S-shaped growth is the characteristic behavior of a system in which a positive and negative feedback structure fight for dominance but result in long-run equilibrium. As illustrated in Figure 1, the positive feedback exponential growth loop (shown in blue) initially dominates the system, causing the system variable to increase at an increasing rate. However, as the system approaches its limit or "carrying capacity", the goal-seeking negative feedback loop (shown in red) becomes the dominant loop. In this new mode, the system approaches stasis asymptotically. This "shifting dominance" event from one loop to another is characteristic of nonlinear behavior and is found in a variety of physical, social, and economic systems.
Figure 1: S-Shaped structure and characteristic time path.
For this discussion, we revisit the elephant herd scenario to illustrate this behavior. Figures 2 and 3 present our elephant population model in causal diagram and simulation model form, respectively. Looking at Figure 2, we see that the elephant herd system consists of one positive growth feedback loop and two negative feedback loops.
Figure 2: Causal diagram of the elephant population model.
(click on image to run simulation)
Figure 3: Simulation model of elephant herd growth model.
The positive Birth Rate loop, shown in blue, is responsible for the exponential growth experienced during the early stages of herd growth. As the population of the herd increases, the birth rate - given some Fecundity (fertility) constant - increases. Increasing the birth rate further promotes the growth of the herd. In balance, the negative Death Rate loop, shown in red, is responsible for drawing down the herd population. On its own, the death rate of the elephant herd implicitly reduces the population to zero. As elephants die, the population decreases until an equilibrium population of zero is reached wherein no more elephants die. The negative Carrying Capacity loop, shown in green, considers the effect of an increasing population density on the average life span - and thereby the Death rate - of the elephant herd. Here, the explicit goal of the system is determined by the carrying capacity.
Given this structure, Figures 4 and 5 show the time series results from simulating this model from time=0 to time=100. In Figure 4 ,we see the exponential behavior of the birth rate from time=0 to about time=40. At time=40, the influence of an increasing population density on the average life span begins to show with an "upturn" in the rate of Deaths within the herd. After this point, the gap between Birth and Death rate gradually closes as the population density increases. At about time=58, the Birth and Death rate become equal and the system achieves equilibrium.

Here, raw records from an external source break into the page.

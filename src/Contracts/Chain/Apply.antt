-- ===== src/Contracts/Chain/Apply.antt =====
-- What applying and reverting the diffs of a block does to each contract.
use indexd.Base.{
  ℕ, ◌≡◌, refl, ap, ◌∙◌, Bool, true, false, ◌&&◌, Option, none, some, List, [], ◌∷◌, contains,
  if◌then◌else◌,
}
use indexd.Base.Outcome.{ok, ok_inj, ◌>>=◌, value_of}
use indexd.Contracts.ChainTx.{Element, Resolution, Diff, UpdateTx, is_some, latest}
use indexd.Contracts.Chain.{
  CachedTx, Progress, start, apply_known, revert_known, visit_all, write_all, delete_all,
  apply_v2_contract_diffs, revert_v2_contract_diffs,
}
use indexd.Contracts.Chain.Effects.{
  Effect, apply_effect, revert_effect, reverted_case, diff_of, OnePerContract, or_else, effect_at,
  row_after, element_after,
}
use indexd.Contracts.Chain.Cache.{Sound}
use indexd.Contracts.Chain.Loop.{visit_all-Effects}
use indexd.Contracts.Chain.Switch.{apply_known-HasEffect, revert_known-HasEffect}

write_after_delete :
    (is_in removed : Bool) (written e : Option Element)
    → (removed ≡ true → written ≡ none)
    → (if is_in
        then or_else written (if is_in && removed then none else e)
        else (if is_in && removed then none else e))
      ≡ (if is_in then (if removed then none else or_else written e) else e)
write_after_delete false removed written e clean = refl
write_after_delete true false written e clean = refl
write_after_delete true true written e clean = rw (clean refl) refl

delete_after_write :
    (is_in removed : Bool) (written e : Option Element)
    → (if is_in && removed then none else (if is_in then or_else written e else e))
      ≡ (if is_in then (if removed then none else or_else written e) else e)
delete_after_write false removed written e = refl
delete_after_write true false written e = refl
delete_after_write true true written e = refl

-- A case of a revert that deletes an element writes none.
reverted_case-removed :
    (d : Diff) (created : Bool) (resolution : Option Resolution)
    → (reverted_case d created resolution).removed ≡ true
    → (reverted_case d created resolution).written ≡ none
unfolding reverted_case
reverted_case-removed d true r e = refl
reverted_case-removed d false (some r) e = cc
reverted_case-removed d false none e = cc

reverted-removed :
    (o : Option Diff)
    → (effect_at revert_effect o).removed ≡ true
    → (effect_at revert_effect o).written ≡ none
reverted-removed none e = refl
reverted-removed (some d) e = reverted_case-removed d d.created d.resolution e

module _ {S Err : Type 0} (ops : UpdateTx S Err) (v2_renewal_id : ℕ → ℕ) (known : ℕ → Bool) where
  open ops use {row_of, element_of}

  write_all-written :
      (es : List Element) (s t : S)
      → write_all ops v2_renewal_id es s ≡ ok t
      → (k : ℕ) → (row_of t k ≡ row_of s k) × (element_of t k ≡ latest es k (element_of s k))
  unfolding write_all
  write_all-written [] s t went k = rw (← ok_inj went) (refl, refl)
  write_all-written (e ∷ es) s t went k = ops.written (e ∷ es) s t went k

  delete_all-deleted :
      (ids : List ℕ) (s t : S)
      → delete_all ops v2_renewal_id ids s ≡ ok t
      → (k : ℕ)
      → (row_of t k ≡ row_of s k)
        × (element_of t k ≡ (if contains ids k then none else element_of s k))
  unfolding delete_all
  delete_all-deleted [] s t went k = rw (← ok_inj went) (refl, refl)
  delete_all-deleted (id ∷ ids) s t went k = ops.deleted (id ∷ ids) s t went k

  -- What an effect on each contract makes of what is stored.
  unfoldable pub Changed : (ℕ → Effect) → CachedTx S → CachedTx S → Type 0
  Changed effect tx after =
      (k : ℕ)
      → (row_of after.db k ≡ row_after (effect k) (row_of tx.db k))
        × (element_of after.db k ≡ element_after (known k) (effect k) (element_of tx.db k))

  Sound-after :
      (p : Progress S) (t : S)
      → Sound ops v2_renewal_id known p.tx
      → ((k : ℕ) → row_of t k ≡ row_of p.tx.db k)
      → Sound ops v2_renewal_id known (record p.tx { db = t })
  Sound-after p t sound same k = (ap is_some (same k) ∙ (sound k).0, (sound k).1)

  -- Applying the diffs of a block has on each contract that is stored the effect of its diff, if it has
  -- one; the cache of the transaction stays right.
  pub apply_v2_contract_diffs-Changed :
      (diffs : List Diff) (tx after : CachedTx S)
      → Sound ops v2_renewal_id known tx
      → OnePerContract diffs
      → apply_v2_contract_diffs ops v2_renewal_id tx diffs ≡ ok after
      → Sound ops v2_renewal_id known after
        × Changed (λ k. effect_at (apply_effect known v2_renewal_id) (diff_of diffs k)) tx after
  unfolding apply_v2_contract_diffs Changed
  apply_v2_contract_diffs-Changed diffs tx after sound one went =
      let (p, looped, ended) =
        value_of
          (λ p. write_all ops v2_renewal_id p.updated p.tx.db >>= λ s.
            delete_all ops v2_renewal_id p.removed s >>= λ t. ok (record p.tx { db = t }))
          (visit_all ops v2_renewal_id (apply_known ops v2_renewal_id) diffs
            (start ops v2_renewal_id tx))
          went in
      let (s, first, second_half) =
        value_of
          (λ s. delete_all ops v2_renewal_id p.removed s >>= λ t. ok (record p.tx { db = t }))
          (write_all ops v2_renewal_id p.updated p.tx.db) ended in
      let (t, second, rest) =
        value_of (λ t. ok (record p.tx { db = t })) (delete_all ops v2_renewal_id p.removed s)
          second_half in
      let (still, effects) =
        visit_all-Effects ops v2_renewal_id known (apply_effect known v2_renewal_id)
          (apply_known ops v2_renewal_id) (apply_known-HasEffect ops v2_renewal_id known) diffs
          (start ops v2_renewal_id tx) p sound one looped in
      let w = write_all-written p.updated p.tx.db s first in
      let d = delete_all-deleted p.removed s t second in
      rw (← ok_inj rest) (
        Sound-after p t still (λ k. (d k).0 ∙ (w k).0),
        λ k.
            let (row, element, updated, removed) = effects k in
            (
              (d k).0 ∙ (w k).0 ∙ row,
              (d k).1
                  ∙ ap (λ b. if b then none else element_of s k) removed
                  ∙ ap
                      (λ e.
                        if known k
                          && (effect_at (apply_effect known v2_renewal_id)
                              (diff_of diffs k)).removed
                        then none
                        else e)
                      ((w k).1 ∙ ap (latest p.updated k) element ∙ updated (element_of tx.db k))
                  ∙ delete_after_write (known k) _ _ (element_of tx.db k),
            ),
      )

  -- So has reverting them.
  pub revert_v2_contract_diffs-Changed :
      (diffs : List Diff) (tx after : CachedTx S)
      → Sound ops v2_renewal_id known tx
      → OnePerContract diffs
      → revert_v2_contract_diffs ops v2_renewal_id tx diffs ≡ ok after
      → Sound ops v2_renewal_id known after
        × Changed (λ k. effect_at revert_effect (diff_of diffs k)) tx after
  unfolding revert_v2_contract_diffs Changed
  revert_v2_contract_diffs-Changed diffs tx after sound one went =
      let (p, looped, ended) =
        value_of
          (λ p. delete_all ops v2_renewal_id p.removed p.tx.db >>= λ s.
            write_all ops v2_renewal_id p.updated s >>= λ t. ok (record p.tx { db = t }))
          (visit_all ops v2_renewal_id (revert_known ops v2_renewal_id) diffs
            (start ops v2_renewal_id tx))
          went in
      let (s, first, second_half) =
        value_of (λ s. write_all ops v2_renewal_id p.updated s >>= λ t. ok (record p.tx { db = t }))
          (delete_all ops v2_renewal_id p.removed p.tx.db) ended in
      let (t, second, rest) =
        value_of (λ t. ok (record p.tx { db = t })) (write_all ops v2_renewal_id p.updated s)
          second_half in
      let (still, effects) =
        visit_all-Effects ops v2_renewal_id known revert_effect (revert_known ops v2_renewal_id)
          (revert_known-HasEffect ops v2_renewal_id known) diffs (start ops v2_renewal_id tx) p
          sound one looped in
      let d = delete_all-deleted p.removed p.tx.db s first in
      let w = write_all-written p.updated s t second in
      rw (← ok_inj rest) (
        Sound-after p t still (λ k. (w k).0 ∙ (d k).0),
        λ k.
            let (row, element, updated, removed) = effects k in
            let deleted =
              (d k).1
              ∙ ap (λ b. if b then none else element_of p.tx.db k) removed
              ∙ ap
                  (λ e.
                    if known k && (effect_at revert_effect (diff_of diffs k)).removed
                    then none
                    else e)
                  element in
            (
              (w k).0 ∙ (d k).0 ∙ row,
              (w k).1
                  ∙ ap (latest p.updated k) deleted
                  ∙ updated _
                  ∙ write_after_delete (known k) _ _ (element_of tx.db k)
                      (reverted-removed (diff_of diffs k)),
            ),
      )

Figure 4: Time series plot of elephant herd Birth rate and Death rates.
To illustrate this behavior another way, Figure 5 shows a normalized time series plot of the Elephant herd population and the Net Growth rate for the herd. Net Growth is defined as the number of elephant births minus the number of elephant deaths. As we expect, initially the Net Growth increases exponentially due to the dominance of the Birth rate loop. However, we see a very specific shift at time=40 when the Net Growth peaks and begins to fall. As the rate of death increases, the Net Growth decreases. The continued increase in Death rate eventually brings Net Growth to zero, causing the system to reach steady state.
Figure 5: Normalized time series for Elephant population and Net Growth indicates that shift occurs at maximum growth point.
Overshoot and Collapse
So far, we have considered a system in which the carrying capacity is constant. Now, let us examine the case in which a system overshoots its limit, causing the carrying capacity itself to change. In such cases, three outcomes are possible depending upon the specific structure of the system. The system may:
In order to demonstrate overshoot and collapse behavior in our elephant model, we have to add some structure. As shown in Figure 6, we assume that the system's carrying capacity is actually a stock of resource, such as acres of grass and shrubbery, with some characteristic yearly average output. If the herd population is below the land's ability to replenish itself, then the carrying capacity is constant. However, if the consumption rate of the elephant herd exceeds its steady state carrying capacity, then land's ability to regenerate is eroded by some amount. The Erosion Rate in this case is defined as the number of elephants in the herd multiplied by the yearly erosion rate per elephant.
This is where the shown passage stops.